> _What the exercise asks_:
If a line holds the word "Growth", copy it from the entries.

[Data entries]
════════════════

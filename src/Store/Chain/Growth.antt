-- ===== src/Store/Chain/Growth.antt =====
-- An append extends the chain of its intent and keeps it valid; it touches no other chain.
use mathlib.Core.Path.{ap₂}
use faar_runtime.Common.{
  ℕ, ◌+◌, ◌≡◌, refl, sym, ◌∙◌, ap, subst, Bool, true, false, not, ◌&&◌, ◌||◌, Option, none, some,
  List, [], ◌∷◌, ◌++◌, arith, ◌==◌, is_none, leb, if◌then◌else◌, eq_refl,
}
use faar_runtime.Common.Result.{ok, ◌>>◌, require}
use faar_runtime.Table.{find}
use faar_runtime.Store.Schema.{
  Event, Head, IntentRow, Store, key_error, evidence_integrity, evidence_too_large,
}
use faar_runtime.Store.Access.{Tx}
use faar_runtime.Store.Ensures.{Ensures, Ensures-ok, Ensures-require, Ensures-or_raise}
use faar_runtime.Store.Evidence.{
  Crypto, Content, of_intent, evidence_rows, verify_chain_rows, tail_hash, find_head, commits,
  same_option, length, is_head_matching, chain_length, chain_tail, next_event, new_head, appended,
  append_evidence, add_evidence, is_event_valid, evidence_status, head_status,
  max_evidence_row_chars, is_born_with_head, EvidenceStatus, valid, unknown_intent, chain_invalid,
  chain_empty, head_deleted, head_missing, head_mismatch,
}
use faar_runtime.Store.Chain.Rows.{same_option_refl, verified-counts, verify-append}
use faar_runtime.Store.Chain.Heads.{select-append, put_head-find, put_head-find_other}

module _ (c : Crypto) (s : Store) (i p : ℕ) (x : Content) where
  abbrev e : Event
  e = next_event c s i p x

  -- The rows of the intent, and those of another.
  rows_same : evidence_rows (appended c s i e) i ≡ evidence_rows s i ++ e ∷ []
  unfolding evidence_rows
  rows_same = select-append (of_intent i) s.evidence e ∙ (rw (eq_refl i) refl)

  rows_other : (j : ℕ) → (i == j) ≡ false → evidence_rows (appended c s i e) j ≡ evidence_rows s j
  unfolding evidence_rows
  rows_other j h = select-append (of_intent j) s.evidence e ∙ (rw h (plus_nil _))
    where
      plus_nil : {A : Type 0} (xs : List A) → xs ++ [] ≡ xs
      plus_nil [] = refl
      plus_nil (y ∷ ys) = ap (λ zs. y ∷ zs) (plus_nil ys)

  head_same : find_head (appended c s i e) i ≡ some (new_head c i (chain_length s i) e.event_hash)
  head_same = put_head-find (new_head c i (chain_length s i) e.event_hash) s.evidence_head

  head_other : (j : ℕ) → (i == j) ≡ false → find_head (appended c s i e) j ≡ find_head s j
  head_other j h =
      put_head-find_other (new_head c i (chain_length s i) e.event_hash) s.evidence_head j h

  -- The new row passes the checks that it was written for.
  new_event-valid : is_event_valid c i (chain_tail s i) e ≡ true
  new_event-valid = passes c.is_keyed c.event_mac
    where
      passes :
          (b : Bool) (mac : ℕ → ℕ)
          → (same_option (chain_tail s i) (chain_tail s i)
              && (e.event_hash == e.event_hash
                  && (not b
                      || same_option
                          (if b then some (mac e.event_hash) else none)
                          (some (mac e.event_hash)))))
            ≡ true
      passes true mac =
          rw (same_option_refl (chain_tail s i), eq_refl e.event_hash, eq_refl (mac e.event_hash))
            refl
      passes false mac = rw (same_option_refl (chain_tail s i), eq_refl e.event_hash) refl

length-append : {A : Type 0} (xs : List A) (y : A) → length (xs ++ y ∷ []) ≡ length xs + 1
length-append [] y = refl
length-append (x ∷ xs) y = ap (λ n. n + 1) (length-append xs y)

tail_hash-append :
    (o : Option ℕ) (es : List Event) (e : Event) → tail_hash o (es ++ e ∷ []) ≡ some e.event_hash
unfolding tail_hash
tail_hash-append o [] e = refl
tail_hash-append o (f ∷ es) e = tail_hash-append (some f.event_hash) es e

status_valid :
    (gone chained keyed_store : Bool) (x : EvidenceStatus)
    → gone ≡ false
    → chained ≡ true
    → (keyed_store ≡ true → x ≡ valid)
    → (if gone
        then unknown_intent
        else if not chained
        then chain_invalid
        else if keyed_store
        then x
        else valid)
      ≡ valid
status_valid gone chained true x g h k = rw (g, h, k refl) refl
status_valid gone chained false x g h k = rw (g, h) refl

module _ (c : Crypto) (s : Store) (i p : ℕ) (x : Content) where
  abbrev written : Event
  written = next_event c s i p x

  abbrev extended : Store
  extended = appended c s i written

  -- The new head commits to the chain with the new row.
  head_valid :
      (rows : List Event)
      → c.is_keyed ≡ true
      → head_status c extended i rows (chain_length s i + 1) (some written.event_hash) ≡ valid
  head_valid rows k = by_head (find_head extended i) (head_same c s i p x)
    where
      fits :
          (n hash mac : ℕ) (b : Bool)
          → b ≡ true
          → (if not (n + 1 == 0)
                && (n + 1 == n + 1
                    && (hash == hash && same_option (if b then some mac else none) (some mac)))
              then valid
              else head_mismatch)
            ≡ valid
      fits n hash mac true h = rw (eq_refl (n + 1), eq_refl hash, eq_refl mac) (positive n)
        where
          positive : (n : ℕ) → (if not (n + 1 == 0) && true then valid else head_mismatch) ≡ valid
          positive n = ground arith
      fits n hash mac false h = cc

      by_head :
          (o : Option Head)
          → o ≡ some (new_head c i (chain_length s i) written.event_hash)
          → (elim o [
            | none ↦
                if chain_length s i + 1 == 0
                then chain_empty
                else if is_born_with_head extended rows
                then head_deleted
                else head_missing
            | some h ↦
                if not (chain_length s i + 1 == 0)
                  && commits c i h (chain_length s i + 1) (some written.event_hash)
                then valid
                else head_mismatch
          ])
            ≡ valid
      by_head o e = rw e (
          fits (chain_length s i) written.event_hash
            (c.head_mac i (chain_length s i) written.event_hash) c.is_keyed k)

  appended-valid :
      is_none (find (λ (r : IntentRow). r.intent_id == i) s.intents) ≡ false
      → (verify_chain_rows c i none 0 (evidence_rows s i)).0 ≡ true
      → evidence_status c extended i ≡ valid
  unfolding evidence_status
  appended-valid registered chained = status_valid _ _ c.is_keyed _ registered verified (λ k.
      subst (λ (r : Bool × ℕ × Option ℕ). head_status c extended i rows r.1 r.2 ≡ valid)
        (sym counts) (head_valid rows k))
    where
      zero_plus : (n : ℕ) → 0 + n ≡ n
      zero_plus n = omega arith

      rows : List Event
      rows = evidence_rows extended i

      verified : (verify_chain_rows c i none 0 rows).0 ≡ true
      verified =
          subst (λ es. (verify_chain_rows c i none 0 es).0 ≡ true) (sym (rows_same c s i p x))
            (verify-append c i none 0 (evidence_rows s i) written chained
              (new_event-valid c s i p x))

      counts :
          verify_chain_rows c i none 0 rows ≡ (true, chain_length s i + 1, some written.event_hash)
      counts =
          verified-counts c i none 0 rows verified
          ∙ ap₂ (λ n o. (true, n, o))
              (zero_plus (length rows)
                ∙ ap length (rows_same c s i p x)
                ∙ length-append (evidence_rows s i) written)
              (ap (tail_hash none) (rows_same c s i p x)
                ∙ tail_hash-append none (evidence_rows s i) written)

-- What an append wrote.
pub record IsGrown (c : Crypto) (s : Store) (i hash : ℕ) (t : Store) : Type 0 where
  pub status : evidence_status c t i ≡ valid
  pub event : Event
  pub own_hash : event.event_hash ≡ hash
  pub rows : evidence_rows t i ≡ evidence_rows s i ++ event ∷ []
  pub other_rows : (j : ℕ) → (i == j) ≡ false → evidence_rows t j ≡ evidence_rows s j
  pub other_heads : (j : ℕ) → (i == j) ≡ false → find_head t j ≡ find_head s j
  pub intents : t.intents ≡ s.intents

grown :
    (c : Crypto) (s : Store) (i : ℕ) (x : Content)
    → (verify_chain_rows c i none 0 (evidence_rows s i)).0 ≡ true
    → Ensures (IsGrown c s i) (add_evidence c s i x)
unfolding add_evidence append_evidence
grown c s i x chained =
    Ensures-or_raise (IsGrown c s i) (find (λ (r : IntentRow). r.intent_id == i) s.intents)
      key_error _
      λ row found.
        Ensures-require (IsGrown c s i) (is_head_matching c s i (chain_length s i) (chain_tail s i))
          evidence_integrity
          (require (leb x.size max_evidence_row_chars) evidence_too_large >> done_ row)
          λ _.
            Ensures-require (IsGrown c s i) (leb x.size max_evidence_row_chars) evidence_too_large
              (done_ row)
              λ _. record {
                status = appended-valid c s i row.principal_id x (rw found refl) chained;
                event = next_event c s i row.principal_id x;
                own_hash = refl;
                rows = rows_same c s i row.principal_id x;
                other_rows = rows_other c s i row.principal_id x;
                other_heads = head_other c s i row.principal_id x;
                intents = refl;
              }
  where
    done_ : IntentRow → Tx ℕ
    done_ row =
        let event = next_event c s i row.principal_id x in
        ok (event.event_hash, appended c s i event)

-- An event that is added to a chain whose rows verify leaves the evidence of its intent valid, under
-- a key as without one: the chain is extended by one event, whose hash is the result, its head
-- commits to it, and the rows and the head of every other intent are as before.
pub append_keeps_valid :
    (c : Crypto) (s t : Store) (i hash : ℕ) (x : Content)
    → (verify_chain_rows c i none 0 (evidence_rows s i)).0 ≡ true
    → add_evidence c s i x ≡ ok (hash, t)
    → IsGrown c s i hash t
append_keeps_valid c s t i hash x chained h =
    Ensures-ok (IsGrown c s i) _ hash t (grown c s i x chained) h

keeps_intents :
    (c : Crypto) (s : Store) (i : ℕ) (x : Content)
    → Ensures (λ a t. t.intents ≡ s.intents) (add_evidence c s i x)
unfolding add_evidence append_evidence
keeps_intents c s i x =
    Ensures-or_raise Q (find (λ (r : IntentRow). r.intent_id == i) s.intents) key_error _
      λ row found.
        Ensures-require Q (is_head_matching c s i (chain_length s i) (chain_tail s i))
          evidence_integrity
          (require (leb x.size max_evidence_row_chars) evidence_too_large >> written row)
          λ _.
            Ensures-require Q (leb x.size max_evidence_row_chars) evidence_too_large (written row)
              (λ _. refl)
  where
    Q : ℕ → Store → Type 0
    Q a t = t.intents ≡ s.intents

    written : IntentRow → Tx ℕ
    written row =
        let event = next_event c s i row.principal_id x in
        ok (event.event_hash, appended c s i event)

-- An event that is added keeps the table of intents, also on a chain that does not verify.
pub add_evidence-keeps :
    (c : Crypto) (s t : Store) (i hash : ℕ) (x : Content)
    → add_evidence c s i x ≡ ok (hash, t)
    → t.intents ≡ s.intents
add_evidence-keeps c s t i hash x h =
    Ensures-ok (λ a u. u.intents ≡ s.intents) _ hash t (keeps_intents c s i x) h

════════════════

> _Result_:
filename src/Store/Chain/Growth.antt
-- ===== src/Store/Chain/Growth.antt =====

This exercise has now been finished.